Bolivia has joined with Cuba and Venezuela, one of the world’s leading oil producers, in a trade agreement opposed to exploitative treaties pushed by Washington. Venezuela, too, has demanded more equitable arrangements from foreign companies—while offering low-cost heating oil to impoverished U.S. communities as an act of solidarity.

On May 8, Iraqi resistance forces bombed an oil pipeline south of Baghdad, the latest of many such attacks that have hampered oil production, export and profiteering under the U.S. occupation. George W. Bush’s invasion of Iraq was supposed to make that country into a private U.S. oil reserve. The popular resistance has stymied that plan indefinitely.

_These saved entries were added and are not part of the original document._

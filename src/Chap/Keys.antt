-- ===== src/Chap/Keys.antt =====
-- The DES keys that chap.rs makes: `set_odd_parity` and `make_key`.
use mac_os_sstp_client.Prelude.{
  ℕ, zero, suc, ◌+◌, ◌*◌, ◌/◌, ◌%◌, ◌<◌, ◌≡◌, refl, ap, arith, [], ◌∷◌, Bool, true, ◌&&◌, ◌||◌, not,
  ◌-◌, ◌^◌, get_or, ◌==◌, length, All, Bytes, bit_and, all_below, all_below_sound,
}
use Prim.Native.Nat.{bit_and-bitwise}
use mac_os_sstp_client.Chap.{
  count_ones, count_ones_below, get7bits, set_odd_parity, make_key_from, make_key,
}

-- The check of one byte whose lowest bit is clear: an odd number of ones, and the seven upper bits
-- as they were.
abbrev is_adjusted : ℕ → Bool
is_adjusted b =
    not (b % 2 == 0) || (count_ones (set_odd_parity b) % 2 == 1 && set_odd_parity b / 2 == b / 2)

all_adjusted : all_below 256 is_adjusted ≡ true
unfolding set_odd_parity count_ones_below
all_adjusted = refl

-- A byte of a DES key: odd parity over its eight bits.
abbrev pub IsOdd : ℕ → Type 0
IsOdd b = count_ones b % 2 ≡ 1

set_odd_parity-IsOdd :
    (b : ℕ) → b < 256 → b % 2 ≡ 0 → IsOdd (set_odd_parity b) × (set_odd_parity b / 2 ≡ b / 2)
set_odd_parity-IsOdd b h even =
    let e : is_adjusted b ≡ true = all_below_sound 256 is_adjusted b all_adjusted h in
    (ground arith, ground arith)

-- The mask clears the lowest bit.
mask-even : (a : ℕ) → bit_and a 0xFE % 2 ≡ 0
mask-even zero = rw (bit_and-bitwise 0 0xFE) refl
mask-even (suc a) = rw (bit_and-bitwise (suc a) 0xFE) (omega arith)

get7bits-even : (key : Bytes) (i : ℕ) → get7bits key i % 2 ≡ 0
unfolding get7bits
get7bits-even key i =
    let word = get_or key (i / 8) 0 * 256 + get_or key (i / 8 + 1) 0 in
    omega (arith, mask-even (word / 2 ^ (15 - (i % 8 + 7))))

get7bits-IsByte : (key : Bytes) (i : ℕ) → get7bits key i < 256
unfolding get7bits
get7bits-IsByte key i = omega arith

-- The seven key bits of each byte of `n` in a row, as they were cut out of the input.
abbrev pub KeepsBits : Bytes → Bytes → ℕ → Type 0
KeepsBits key [] i = Unit {0}
KeepsBits key (b ∷ bs) i = (b / 2 ≡ get7bits key (i * 7) / 2) × KeepsBits key bs (i + 1)

make_key_from_lem :
    (key : Bytes) (n i : ℕ)
    → (length (make_key_from key n i) ≡ n)
      × All IsOdd (make_key_from key n i)
      × KeepsBits key (make_key_from key n i) i
unfolding make_key_from
make_key_from_lem key zero i = (refl, tt, tt)
make_key_from_lem key (suc n) i =
    let (len, odd, kept) = make_key_from_lem key n (i + 1) in
    let (o, k) =
      set_odd_parity-IsOdd (get7bits key (i * 7)) (get7bits-IsByte key (i * 7))
        (get7bits-even key (i * 7)) in
    (ap suc len, (o, odd), (k, kept))

-- A DES key has 8 bytes of odd parity, and the upper seven bits of the byte at each place are the
-- seven bits that were cut out of the input there.
pub make_key_lem :
    (key : Bytes)
    → (length (make_key key) ≡ 8) × All IsOdd (make_key key) × KeepsBits key (make_key key) 0
unfolding make_key
make_key_lem key = make_key_from_lem key 8 0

The Bush administration is now bullying Iran, another major oil producer, over its development of nuclear technology. In response, Iran’s government has threatened to cut off oil exports to the West.

Unrest in Nigeria, Sudan, Chad and other African countries is making it hard for Big Oil to follow through on plans to exploit their oil reserves. Russia is demanding more control of its petroleum resources. And so on.

Exxon exec paid $144,574 a day

Residents of the small town of Beeville, Texas, have launched a boycott of ExxonMobil, the Associated Press reported May 8. Though modest, such actions demonstrate the depth of anger against Big Oil here at home.

Outrage was stoked by a New York Times report that former ExxonMobil CEO Lee R. Raymond was paid the equivalent of $144,573 a day over 13 years, including a nearly $400 million windfall in 2005.

Raymond is a particularly gross illustration of the fact that CEOs make on average 531 times what their workers are paid.

Meanwhile, the likelihood of poor people in the U.S. raising their standard of living significantly—slim to begin with—is shrinking.

According to “Understanding Mobility in America,” a study released in April by economist Tom Hertz of American University, a child born into a poor family has only a 1 percent change of ever getting into the top 5 percent of income-makers.

In fact, the “land of opportunity” has one of the lowest levels of income mobility among the wealthy capitalist countries.

Most workers in the U.S. have not read this report, of course. But they live with its consequences every day—not only at the gas pump, but whenever a friend or loved one comes home in a body bag from Iraq, or when a prescription medication is priced out of reach.

Big Oil execs know that quiet anger is starting to turn into mass political action. If there were any doubts, the May Day outpouring of immigrant workers and their supporters proved it.

In an attempt to co-opt and divert mass anger into safe channels, congressional Democrats are calling for a tax on what they term “excessive profits.” President Bush has committed the federal government to investigate charges of “price gouging.” Some states, like California, are following suit.

Even if these initiatives were followed through, they would only amount to a slap on the wrist. But Big Oil can’t tolerate the thought of it—hence the millions being pumped into congressional election campaigns, ads and lobbying.

If the rate of profit is great enough, Karl Marx said, there is no crime capitalists will not stoop to, no atrocity they will not commit. Ultimately, to end high fuel prices, oil wars and the environmental destruction caused by abuse of fossil fuels, the working class must expropriate Big Oil and all capitalist industries and run them for people’s needs, not profits.